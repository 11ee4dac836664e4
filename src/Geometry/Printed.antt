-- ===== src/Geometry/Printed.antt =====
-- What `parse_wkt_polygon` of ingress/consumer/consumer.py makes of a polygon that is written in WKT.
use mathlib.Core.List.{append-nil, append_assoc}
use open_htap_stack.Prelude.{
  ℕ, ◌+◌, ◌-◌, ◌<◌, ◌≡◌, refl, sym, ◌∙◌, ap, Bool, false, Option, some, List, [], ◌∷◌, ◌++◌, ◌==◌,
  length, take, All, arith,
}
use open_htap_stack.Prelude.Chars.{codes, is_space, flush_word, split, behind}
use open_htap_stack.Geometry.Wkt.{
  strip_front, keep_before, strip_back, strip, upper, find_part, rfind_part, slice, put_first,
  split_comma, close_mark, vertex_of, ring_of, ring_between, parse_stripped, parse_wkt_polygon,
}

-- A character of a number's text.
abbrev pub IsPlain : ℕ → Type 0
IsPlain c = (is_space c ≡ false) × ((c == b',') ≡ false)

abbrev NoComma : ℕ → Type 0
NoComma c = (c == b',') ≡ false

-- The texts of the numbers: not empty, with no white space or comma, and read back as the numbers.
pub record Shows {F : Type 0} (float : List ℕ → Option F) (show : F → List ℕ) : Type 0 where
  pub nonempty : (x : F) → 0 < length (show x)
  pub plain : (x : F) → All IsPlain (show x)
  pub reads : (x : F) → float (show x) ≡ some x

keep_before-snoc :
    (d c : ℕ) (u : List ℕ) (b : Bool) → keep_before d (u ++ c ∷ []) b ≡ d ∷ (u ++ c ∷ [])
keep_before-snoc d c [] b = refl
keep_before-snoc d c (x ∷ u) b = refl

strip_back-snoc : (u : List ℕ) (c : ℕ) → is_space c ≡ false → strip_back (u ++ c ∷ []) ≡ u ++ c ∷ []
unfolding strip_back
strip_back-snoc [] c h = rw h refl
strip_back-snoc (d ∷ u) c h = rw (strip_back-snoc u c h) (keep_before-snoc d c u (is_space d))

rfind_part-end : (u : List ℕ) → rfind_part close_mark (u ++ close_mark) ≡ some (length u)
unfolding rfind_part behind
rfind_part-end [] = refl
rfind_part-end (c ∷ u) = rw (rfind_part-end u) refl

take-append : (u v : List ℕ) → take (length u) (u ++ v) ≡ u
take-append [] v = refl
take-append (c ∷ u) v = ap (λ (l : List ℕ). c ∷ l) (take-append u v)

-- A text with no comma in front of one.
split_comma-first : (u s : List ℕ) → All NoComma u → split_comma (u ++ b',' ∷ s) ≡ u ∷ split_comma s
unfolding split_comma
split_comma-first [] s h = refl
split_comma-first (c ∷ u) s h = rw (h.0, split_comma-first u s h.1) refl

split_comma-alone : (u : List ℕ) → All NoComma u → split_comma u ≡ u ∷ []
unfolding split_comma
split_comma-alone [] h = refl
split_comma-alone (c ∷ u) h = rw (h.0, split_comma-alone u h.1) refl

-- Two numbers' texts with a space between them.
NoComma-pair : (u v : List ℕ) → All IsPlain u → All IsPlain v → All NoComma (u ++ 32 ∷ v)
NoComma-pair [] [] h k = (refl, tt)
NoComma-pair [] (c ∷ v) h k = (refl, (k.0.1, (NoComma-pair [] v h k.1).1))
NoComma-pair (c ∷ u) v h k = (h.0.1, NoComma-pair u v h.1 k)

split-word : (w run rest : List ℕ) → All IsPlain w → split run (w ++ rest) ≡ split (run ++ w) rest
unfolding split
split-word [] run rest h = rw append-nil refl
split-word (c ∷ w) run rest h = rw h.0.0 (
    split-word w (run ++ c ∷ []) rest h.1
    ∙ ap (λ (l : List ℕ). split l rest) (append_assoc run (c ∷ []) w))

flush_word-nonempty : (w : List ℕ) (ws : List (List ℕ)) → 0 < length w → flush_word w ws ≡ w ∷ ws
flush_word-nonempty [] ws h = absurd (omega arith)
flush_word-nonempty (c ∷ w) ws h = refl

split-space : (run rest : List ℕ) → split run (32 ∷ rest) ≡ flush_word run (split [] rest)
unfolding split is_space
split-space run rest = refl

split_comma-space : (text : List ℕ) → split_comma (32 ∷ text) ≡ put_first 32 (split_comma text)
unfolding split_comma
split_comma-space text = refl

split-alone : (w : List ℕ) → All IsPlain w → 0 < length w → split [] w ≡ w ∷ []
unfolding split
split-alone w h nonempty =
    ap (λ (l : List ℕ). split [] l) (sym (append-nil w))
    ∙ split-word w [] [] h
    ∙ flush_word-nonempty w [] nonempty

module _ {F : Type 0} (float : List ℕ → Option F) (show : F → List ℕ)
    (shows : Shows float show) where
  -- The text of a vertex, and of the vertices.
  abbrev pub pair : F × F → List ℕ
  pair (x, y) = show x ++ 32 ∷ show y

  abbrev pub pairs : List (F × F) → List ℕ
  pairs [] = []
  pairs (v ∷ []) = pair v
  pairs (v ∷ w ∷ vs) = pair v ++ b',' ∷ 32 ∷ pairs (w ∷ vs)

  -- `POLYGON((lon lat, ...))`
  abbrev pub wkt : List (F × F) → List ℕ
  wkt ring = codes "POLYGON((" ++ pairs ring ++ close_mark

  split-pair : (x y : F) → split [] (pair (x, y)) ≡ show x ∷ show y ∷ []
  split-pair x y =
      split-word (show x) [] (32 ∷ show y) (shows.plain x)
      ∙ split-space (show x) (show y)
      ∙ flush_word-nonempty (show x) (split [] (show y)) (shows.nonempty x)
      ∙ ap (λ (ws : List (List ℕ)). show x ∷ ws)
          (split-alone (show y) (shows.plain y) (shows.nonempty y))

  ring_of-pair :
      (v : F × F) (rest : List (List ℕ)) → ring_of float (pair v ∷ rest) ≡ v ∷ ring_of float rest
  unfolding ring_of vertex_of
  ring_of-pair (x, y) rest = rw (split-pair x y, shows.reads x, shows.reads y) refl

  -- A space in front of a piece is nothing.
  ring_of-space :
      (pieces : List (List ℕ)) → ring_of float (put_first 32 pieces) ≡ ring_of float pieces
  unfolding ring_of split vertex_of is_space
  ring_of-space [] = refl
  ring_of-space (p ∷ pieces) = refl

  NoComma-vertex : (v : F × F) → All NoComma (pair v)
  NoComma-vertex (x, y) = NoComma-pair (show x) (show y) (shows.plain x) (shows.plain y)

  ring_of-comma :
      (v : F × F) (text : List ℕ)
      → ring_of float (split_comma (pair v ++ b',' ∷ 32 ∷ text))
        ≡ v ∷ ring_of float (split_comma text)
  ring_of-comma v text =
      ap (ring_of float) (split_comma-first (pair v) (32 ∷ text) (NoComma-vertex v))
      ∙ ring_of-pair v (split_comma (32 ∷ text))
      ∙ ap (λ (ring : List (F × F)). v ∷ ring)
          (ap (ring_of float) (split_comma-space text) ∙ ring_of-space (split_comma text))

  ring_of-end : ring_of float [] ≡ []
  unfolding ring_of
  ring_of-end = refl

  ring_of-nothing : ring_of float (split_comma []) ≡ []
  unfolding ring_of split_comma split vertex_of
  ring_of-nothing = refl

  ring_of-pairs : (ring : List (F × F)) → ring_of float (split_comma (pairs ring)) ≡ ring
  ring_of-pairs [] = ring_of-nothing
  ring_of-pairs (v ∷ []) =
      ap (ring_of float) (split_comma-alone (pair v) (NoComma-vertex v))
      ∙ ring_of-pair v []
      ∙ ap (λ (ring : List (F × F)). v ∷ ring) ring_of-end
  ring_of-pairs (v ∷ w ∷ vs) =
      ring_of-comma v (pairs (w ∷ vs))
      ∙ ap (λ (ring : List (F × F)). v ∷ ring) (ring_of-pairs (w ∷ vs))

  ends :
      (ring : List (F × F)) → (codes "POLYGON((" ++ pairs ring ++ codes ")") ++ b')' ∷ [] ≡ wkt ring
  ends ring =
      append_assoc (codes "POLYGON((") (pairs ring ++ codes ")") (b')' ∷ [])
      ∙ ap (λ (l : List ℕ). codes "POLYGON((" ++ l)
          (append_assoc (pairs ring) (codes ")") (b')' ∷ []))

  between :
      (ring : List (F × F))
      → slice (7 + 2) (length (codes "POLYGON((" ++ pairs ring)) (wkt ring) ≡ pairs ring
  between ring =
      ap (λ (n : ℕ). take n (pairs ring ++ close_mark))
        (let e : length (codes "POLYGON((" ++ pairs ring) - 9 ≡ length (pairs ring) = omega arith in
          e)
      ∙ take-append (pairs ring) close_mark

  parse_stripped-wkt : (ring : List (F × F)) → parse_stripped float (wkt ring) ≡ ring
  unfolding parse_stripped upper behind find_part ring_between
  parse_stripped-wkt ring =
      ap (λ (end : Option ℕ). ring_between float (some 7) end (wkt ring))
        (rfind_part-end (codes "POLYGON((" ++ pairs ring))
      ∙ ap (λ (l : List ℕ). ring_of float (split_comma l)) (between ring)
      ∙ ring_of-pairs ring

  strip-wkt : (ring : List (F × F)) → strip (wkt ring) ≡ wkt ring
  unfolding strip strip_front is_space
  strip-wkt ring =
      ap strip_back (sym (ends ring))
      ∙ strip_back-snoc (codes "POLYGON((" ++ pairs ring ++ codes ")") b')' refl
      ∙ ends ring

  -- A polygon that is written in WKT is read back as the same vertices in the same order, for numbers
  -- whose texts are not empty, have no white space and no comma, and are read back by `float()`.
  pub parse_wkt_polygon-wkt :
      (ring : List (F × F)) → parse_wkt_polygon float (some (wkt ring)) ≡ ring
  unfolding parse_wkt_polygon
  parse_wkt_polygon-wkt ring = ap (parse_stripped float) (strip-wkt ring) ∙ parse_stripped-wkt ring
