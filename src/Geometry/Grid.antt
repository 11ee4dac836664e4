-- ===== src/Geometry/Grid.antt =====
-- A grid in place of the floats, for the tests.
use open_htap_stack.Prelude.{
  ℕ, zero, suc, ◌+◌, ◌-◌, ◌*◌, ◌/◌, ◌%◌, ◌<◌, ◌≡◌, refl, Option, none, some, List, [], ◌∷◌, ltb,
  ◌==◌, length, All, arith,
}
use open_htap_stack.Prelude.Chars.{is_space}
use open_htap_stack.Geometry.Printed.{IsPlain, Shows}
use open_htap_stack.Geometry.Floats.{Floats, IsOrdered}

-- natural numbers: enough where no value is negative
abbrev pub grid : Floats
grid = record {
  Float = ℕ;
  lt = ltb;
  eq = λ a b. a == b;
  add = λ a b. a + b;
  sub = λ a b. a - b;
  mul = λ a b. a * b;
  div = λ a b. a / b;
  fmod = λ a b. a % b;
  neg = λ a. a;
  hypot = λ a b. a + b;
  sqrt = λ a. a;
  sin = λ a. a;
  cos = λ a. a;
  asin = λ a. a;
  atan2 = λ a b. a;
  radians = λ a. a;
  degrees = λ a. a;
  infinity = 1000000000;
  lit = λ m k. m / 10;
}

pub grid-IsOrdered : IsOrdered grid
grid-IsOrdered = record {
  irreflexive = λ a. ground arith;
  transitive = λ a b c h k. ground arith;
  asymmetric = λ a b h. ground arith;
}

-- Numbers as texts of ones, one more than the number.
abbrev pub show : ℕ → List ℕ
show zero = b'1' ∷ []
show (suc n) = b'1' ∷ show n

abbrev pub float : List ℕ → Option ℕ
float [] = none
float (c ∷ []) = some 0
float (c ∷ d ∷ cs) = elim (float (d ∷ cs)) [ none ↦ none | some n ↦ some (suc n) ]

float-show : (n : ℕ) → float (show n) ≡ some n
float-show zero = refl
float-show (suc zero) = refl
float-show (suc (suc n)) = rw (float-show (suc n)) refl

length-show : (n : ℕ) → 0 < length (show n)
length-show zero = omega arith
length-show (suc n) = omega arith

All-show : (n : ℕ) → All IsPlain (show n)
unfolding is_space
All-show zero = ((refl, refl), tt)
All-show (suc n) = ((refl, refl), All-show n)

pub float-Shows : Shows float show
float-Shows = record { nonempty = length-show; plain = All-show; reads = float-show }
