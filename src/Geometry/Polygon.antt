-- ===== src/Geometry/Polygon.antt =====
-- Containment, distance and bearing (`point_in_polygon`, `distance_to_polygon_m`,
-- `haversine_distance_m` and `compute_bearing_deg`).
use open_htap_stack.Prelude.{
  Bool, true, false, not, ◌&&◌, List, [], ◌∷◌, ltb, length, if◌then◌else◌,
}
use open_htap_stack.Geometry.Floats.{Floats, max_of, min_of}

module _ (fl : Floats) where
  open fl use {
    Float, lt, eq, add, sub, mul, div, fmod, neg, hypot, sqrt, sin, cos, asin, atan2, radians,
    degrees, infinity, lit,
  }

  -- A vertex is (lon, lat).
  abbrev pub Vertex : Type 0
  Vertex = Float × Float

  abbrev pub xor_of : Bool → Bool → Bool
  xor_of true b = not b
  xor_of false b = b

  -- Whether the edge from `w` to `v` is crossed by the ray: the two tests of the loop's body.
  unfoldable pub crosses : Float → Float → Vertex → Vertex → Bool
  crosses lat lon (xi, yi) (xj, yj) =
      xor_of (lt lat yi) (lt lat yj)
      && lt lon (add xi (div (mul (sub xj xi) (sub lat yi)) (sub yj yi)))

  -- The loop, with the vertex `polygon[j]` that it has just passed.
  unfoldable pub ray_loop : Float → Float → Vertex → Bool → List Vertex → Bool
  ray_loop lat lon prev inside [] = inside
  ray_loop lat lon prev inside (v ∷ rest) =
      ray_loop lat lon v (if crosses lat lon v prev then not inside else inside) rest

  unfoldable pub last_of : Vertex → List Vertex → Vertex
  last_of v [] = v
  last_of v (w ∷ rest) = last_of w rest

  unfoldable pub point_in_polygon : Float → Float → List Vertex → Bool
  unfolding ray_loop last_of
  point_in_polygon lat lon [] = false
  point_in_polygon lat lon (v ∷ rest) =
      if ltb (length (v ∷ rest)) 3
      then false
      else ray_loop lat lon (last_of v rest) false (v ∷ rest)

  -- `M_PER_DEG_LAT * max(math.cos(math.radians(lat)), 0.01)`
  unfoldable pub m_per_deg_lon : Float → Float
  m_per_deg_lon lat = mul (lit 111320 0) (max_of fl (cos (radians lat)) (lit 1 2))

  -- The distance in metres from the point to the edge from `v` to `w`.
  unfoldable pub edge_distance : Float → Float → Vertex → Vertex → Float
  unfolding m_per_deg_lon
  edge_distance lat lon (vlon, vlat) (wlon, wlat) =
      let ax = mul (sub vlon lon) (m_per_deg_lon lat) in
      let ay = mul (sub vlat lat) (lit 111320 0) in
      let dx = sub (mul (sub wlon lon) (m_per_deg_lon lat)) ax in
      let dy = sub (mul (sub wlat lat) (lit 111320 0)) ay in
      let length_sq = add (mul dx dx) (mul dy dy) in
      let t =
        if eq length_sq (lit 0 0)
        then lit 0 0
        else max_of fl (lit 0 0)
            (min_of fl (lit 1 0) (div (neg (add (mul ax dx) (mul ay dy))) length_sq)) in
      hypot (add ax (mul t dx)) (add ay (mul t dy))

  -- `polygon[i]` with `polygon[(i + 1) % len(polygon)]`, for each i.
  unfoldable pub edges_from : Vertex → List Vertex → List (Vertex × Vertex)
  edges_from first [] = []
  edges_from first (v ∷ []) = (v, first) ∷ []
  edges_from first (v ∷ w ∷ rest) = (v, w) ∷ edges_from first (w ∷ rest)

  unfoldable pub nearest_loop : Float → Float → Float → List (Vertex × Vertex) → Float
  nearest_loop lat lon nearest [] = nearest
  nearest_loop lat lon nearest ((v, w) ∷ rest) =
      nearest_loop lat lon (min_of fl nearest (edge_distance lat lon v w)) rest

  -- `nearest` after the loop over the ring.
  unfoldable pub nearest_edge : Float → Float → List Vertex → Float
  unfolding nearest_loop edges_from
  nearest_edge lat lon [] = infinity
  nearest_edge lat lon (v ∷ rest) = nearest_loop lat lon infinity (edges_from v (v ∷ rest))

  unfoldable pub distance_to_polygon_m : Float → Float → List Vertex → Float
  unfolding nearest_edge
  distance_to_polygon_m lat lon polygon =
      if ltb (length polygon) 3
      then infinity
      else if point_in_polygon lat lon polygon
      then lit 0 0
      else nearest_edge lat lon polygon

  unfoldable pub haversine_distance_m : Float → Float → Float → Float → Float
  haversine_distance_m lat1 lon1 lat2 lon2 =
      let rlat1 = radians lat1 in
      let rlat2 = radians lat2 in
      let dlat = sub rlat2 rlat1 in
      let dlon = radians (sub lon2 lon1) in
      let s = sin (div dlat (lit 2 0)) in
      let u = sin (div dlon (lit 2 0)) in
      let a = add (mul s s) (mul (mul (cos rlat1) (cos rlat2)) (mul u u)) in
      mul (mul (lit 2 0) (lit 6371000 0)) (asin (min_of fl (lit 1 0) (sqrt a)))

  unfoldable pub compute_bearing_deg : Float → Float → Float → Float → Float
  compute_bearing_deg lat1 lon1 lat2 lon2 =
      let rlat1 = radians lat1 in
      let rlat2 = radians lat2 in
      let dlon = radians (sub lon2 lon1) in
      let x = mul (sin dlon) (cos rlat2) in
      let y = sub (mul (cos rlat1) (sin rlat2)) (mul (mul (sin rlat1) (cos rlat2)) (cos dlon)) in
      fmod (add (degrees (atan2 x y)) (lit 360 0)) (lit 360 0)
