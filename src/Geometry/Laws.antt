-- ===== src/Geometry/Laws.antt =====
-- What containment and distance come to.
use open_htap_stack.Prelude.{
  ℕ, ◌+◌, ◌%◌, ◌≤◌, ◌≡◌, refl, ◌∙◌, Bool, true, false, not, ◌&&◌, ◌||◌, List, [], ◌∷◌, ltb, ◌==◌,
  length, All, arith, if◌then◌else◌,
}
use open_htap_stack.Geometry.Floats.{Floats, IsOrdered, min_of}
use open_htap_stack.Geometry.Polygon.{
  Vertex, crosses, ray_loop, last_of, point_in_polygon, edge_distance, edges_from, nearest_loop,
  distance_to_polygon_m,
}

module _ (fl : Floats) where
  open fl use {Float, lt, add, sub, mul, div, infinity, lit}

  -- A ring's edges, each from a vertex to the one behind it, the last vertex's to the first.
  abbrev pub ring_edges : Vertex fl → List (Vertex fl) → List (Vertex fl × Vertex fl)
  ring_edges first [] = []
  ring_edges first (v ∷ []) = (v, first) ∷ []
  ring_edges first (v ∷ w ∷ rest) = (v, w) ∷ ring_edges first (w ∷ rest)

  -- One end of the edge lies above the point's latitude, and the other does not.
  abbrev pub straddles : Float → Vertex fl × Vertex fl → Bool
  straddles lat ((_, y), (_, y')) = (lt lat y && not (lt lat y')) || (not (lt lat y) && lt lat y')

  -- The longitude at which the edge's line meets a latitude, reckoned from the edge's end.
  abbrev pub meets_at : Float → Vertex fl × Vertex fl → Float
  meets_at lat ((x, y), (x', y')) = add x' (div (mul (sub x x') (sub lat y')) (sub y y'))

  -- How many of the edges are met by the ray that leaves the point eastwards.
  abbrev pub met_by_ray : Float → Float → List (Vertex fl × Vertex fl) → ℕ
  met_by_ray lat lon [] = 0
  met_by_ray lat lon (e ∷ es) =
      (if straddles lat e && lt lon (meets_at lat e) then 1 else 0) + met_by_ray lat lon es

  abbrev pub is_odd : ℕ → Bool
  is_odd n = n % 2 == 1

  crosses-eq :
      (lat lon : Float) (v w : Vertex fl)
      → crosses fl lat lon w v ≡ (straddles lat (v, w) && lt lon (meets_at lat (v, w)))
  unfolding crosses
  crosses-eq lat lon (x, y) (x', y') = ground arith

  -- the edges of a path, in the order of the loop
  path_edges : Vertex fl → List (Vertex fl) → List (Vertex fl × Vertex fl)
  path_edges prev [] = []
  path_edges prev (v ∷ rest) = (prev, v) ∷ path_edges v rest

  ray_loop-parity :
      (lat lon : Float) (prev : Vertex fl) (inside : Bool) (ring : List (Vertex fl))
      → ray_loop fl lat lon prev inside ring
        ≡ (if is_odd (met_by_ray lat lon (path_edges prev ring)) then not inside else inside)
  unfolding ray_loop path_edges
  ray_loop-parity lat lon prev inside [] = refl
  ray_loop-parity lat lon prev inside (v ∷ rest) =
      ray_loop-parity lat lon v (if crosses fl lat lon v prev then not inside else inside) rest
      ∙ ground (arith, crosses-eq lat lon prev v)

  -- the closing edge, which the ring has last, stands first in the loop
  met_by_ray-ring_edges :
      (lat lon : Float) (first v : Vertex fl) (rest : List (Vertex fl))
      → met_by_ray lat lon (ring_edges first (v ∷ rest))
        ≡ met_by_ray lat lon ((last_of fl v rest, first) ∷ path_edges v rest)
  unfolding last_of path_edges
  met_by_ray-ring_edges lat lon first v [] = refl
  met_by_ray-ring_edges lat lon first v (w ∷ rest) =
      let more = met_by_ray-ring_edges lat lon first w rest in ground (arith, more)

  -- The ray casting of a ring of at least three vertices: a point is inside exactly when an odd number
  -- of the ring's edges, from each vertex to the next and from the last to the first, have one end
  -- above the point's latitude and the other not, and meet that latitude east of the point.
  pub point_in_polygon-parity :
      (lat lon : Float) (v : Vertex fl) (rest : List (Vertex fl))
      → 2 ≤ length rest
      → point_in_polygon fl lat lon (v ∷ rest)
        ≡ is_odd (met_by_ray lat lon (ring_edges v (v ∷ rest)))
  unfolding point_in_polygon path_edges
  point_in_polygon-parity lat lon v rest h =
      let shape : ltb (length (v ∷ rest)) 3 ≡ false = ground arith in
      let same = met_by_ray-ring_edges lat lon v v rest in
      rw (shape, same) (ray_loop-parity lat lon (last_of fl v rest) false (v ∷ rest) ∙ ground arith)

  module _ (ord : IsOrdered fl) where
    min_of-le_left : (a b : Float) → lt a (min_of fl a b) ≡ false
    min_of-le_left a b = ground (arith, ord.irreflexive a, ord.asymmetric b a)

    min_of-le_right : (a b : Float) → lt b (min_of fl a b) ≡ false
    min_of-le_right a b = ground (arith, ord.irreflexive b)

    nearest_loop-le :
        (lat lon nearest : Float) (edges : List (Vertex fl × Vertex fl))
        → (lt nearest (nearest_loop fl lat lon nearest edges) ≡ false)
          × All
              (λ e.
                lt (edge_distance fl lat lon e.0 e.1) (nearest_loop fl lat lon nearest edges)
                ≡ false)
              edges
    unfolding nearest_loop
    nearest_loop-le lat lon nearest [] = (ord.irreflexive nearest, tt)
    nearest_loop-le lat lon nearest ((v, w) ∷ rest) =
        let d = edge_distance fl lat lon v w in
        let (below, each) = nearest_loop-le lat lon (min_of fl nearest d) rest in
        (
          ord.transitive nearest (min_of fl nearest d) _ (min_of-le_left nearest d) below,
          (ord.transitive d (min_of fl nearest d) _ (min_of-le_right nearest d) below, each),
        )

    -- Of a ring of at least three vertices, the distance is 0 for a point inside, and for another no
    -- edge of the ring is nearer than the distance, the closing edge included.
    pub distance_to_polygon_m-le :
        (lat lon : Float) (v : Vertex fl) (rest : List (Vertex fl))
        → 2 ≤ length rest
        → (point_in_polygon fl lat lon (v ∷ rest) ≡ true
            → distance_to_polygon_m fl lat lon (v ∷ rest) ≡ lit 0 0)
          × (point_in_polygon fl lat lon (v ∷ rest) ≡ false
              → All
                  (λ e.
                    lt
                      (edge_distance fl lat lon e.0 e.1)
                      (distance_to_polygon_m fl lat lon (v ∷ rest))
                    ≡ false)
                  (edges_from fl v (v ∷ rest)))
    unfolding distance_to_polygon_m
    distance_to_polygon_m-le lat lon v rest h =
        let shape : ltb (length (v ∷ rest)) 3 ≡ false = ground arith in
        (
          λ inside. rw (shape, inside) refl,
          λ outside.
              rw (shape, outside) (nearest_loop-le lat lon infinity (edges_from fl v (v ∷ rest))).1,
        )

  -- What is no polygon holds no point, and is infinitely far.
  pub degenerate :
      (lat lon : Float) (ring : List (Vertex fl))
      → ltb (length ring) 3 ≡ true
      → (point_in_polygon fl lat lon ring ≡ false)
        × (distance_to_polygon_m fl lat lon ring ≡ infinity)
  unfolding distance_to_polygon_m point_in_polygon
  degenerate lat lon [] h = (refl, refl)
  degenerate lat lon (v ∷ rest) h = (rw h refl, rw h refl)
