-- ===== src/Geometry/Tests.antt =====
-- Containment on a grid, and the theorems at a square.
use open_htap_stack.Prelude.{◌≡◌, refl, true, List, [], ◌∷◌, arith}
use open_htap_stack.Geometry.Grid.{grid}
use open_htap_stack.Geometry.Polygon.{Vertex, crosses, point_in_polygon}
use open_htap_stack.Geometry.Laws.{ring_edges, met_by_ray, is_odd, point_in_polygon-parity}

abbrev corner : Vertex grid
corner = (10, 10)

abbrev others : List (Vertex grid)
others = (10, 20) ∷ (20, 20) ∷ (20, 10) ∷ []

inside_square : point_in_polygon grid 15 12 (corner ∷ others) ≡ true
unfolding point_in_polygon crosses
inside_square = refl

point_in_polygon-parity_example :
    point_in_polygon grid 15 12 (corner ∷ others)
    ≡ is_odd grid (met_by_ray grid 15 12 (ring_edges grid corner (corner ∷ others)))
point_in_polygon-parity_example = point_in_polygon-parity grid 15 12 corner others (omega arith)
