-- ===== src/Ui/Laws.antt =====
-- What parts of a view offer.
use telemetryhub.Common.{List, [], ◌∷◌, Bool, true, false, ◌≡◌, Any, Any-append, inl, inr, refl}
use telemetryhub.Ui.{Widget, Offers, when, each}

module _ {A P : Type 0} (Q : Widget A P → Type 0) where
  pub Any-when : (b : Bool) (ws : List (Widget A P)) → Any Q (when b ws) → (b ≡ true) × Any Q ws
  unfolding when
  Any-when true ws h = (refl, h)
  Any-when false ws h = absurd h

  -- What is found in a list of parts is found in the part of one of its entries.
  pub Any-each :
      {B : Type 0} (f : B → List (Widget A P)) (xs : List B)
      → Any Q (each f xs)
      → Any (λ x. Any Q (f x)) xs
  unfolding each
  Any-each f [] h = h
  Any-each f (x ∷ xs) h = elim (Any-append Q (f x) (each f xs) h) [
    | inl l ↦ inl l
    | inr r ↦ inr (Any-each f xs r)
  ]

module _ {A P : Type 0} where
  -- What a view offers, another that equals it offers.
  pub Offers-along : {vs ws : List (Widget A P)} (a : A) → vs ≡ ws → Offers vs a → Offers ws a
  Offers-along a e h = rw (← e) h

.....

Using the material above, transcribe exactly the lines from the line with "-- What parts of a view offer." to the line with "Any-when false ws h = absurd h"; both count, and nothing else goes in.

-- What parts of a view offer.
use telemetryhub.Common.{List, [], ◌∷◌, Bool, true, false, ◌≡◌, Any, Any-append, inl, inr, refl}
use telemetryhub.Ui.{Widget, Offers, when, each}

module _ {A P : Type 0} (Q : Widget A P → Type 0) where
  pub Any-when : (b : Bool) (ws : List (Widget A P)) → Any Q (when b ws) → (b ≡ true) × Any Q ws
  unfolding when
  Any-when true ws h = (refl, h)
  Any-when false ws h = absurd h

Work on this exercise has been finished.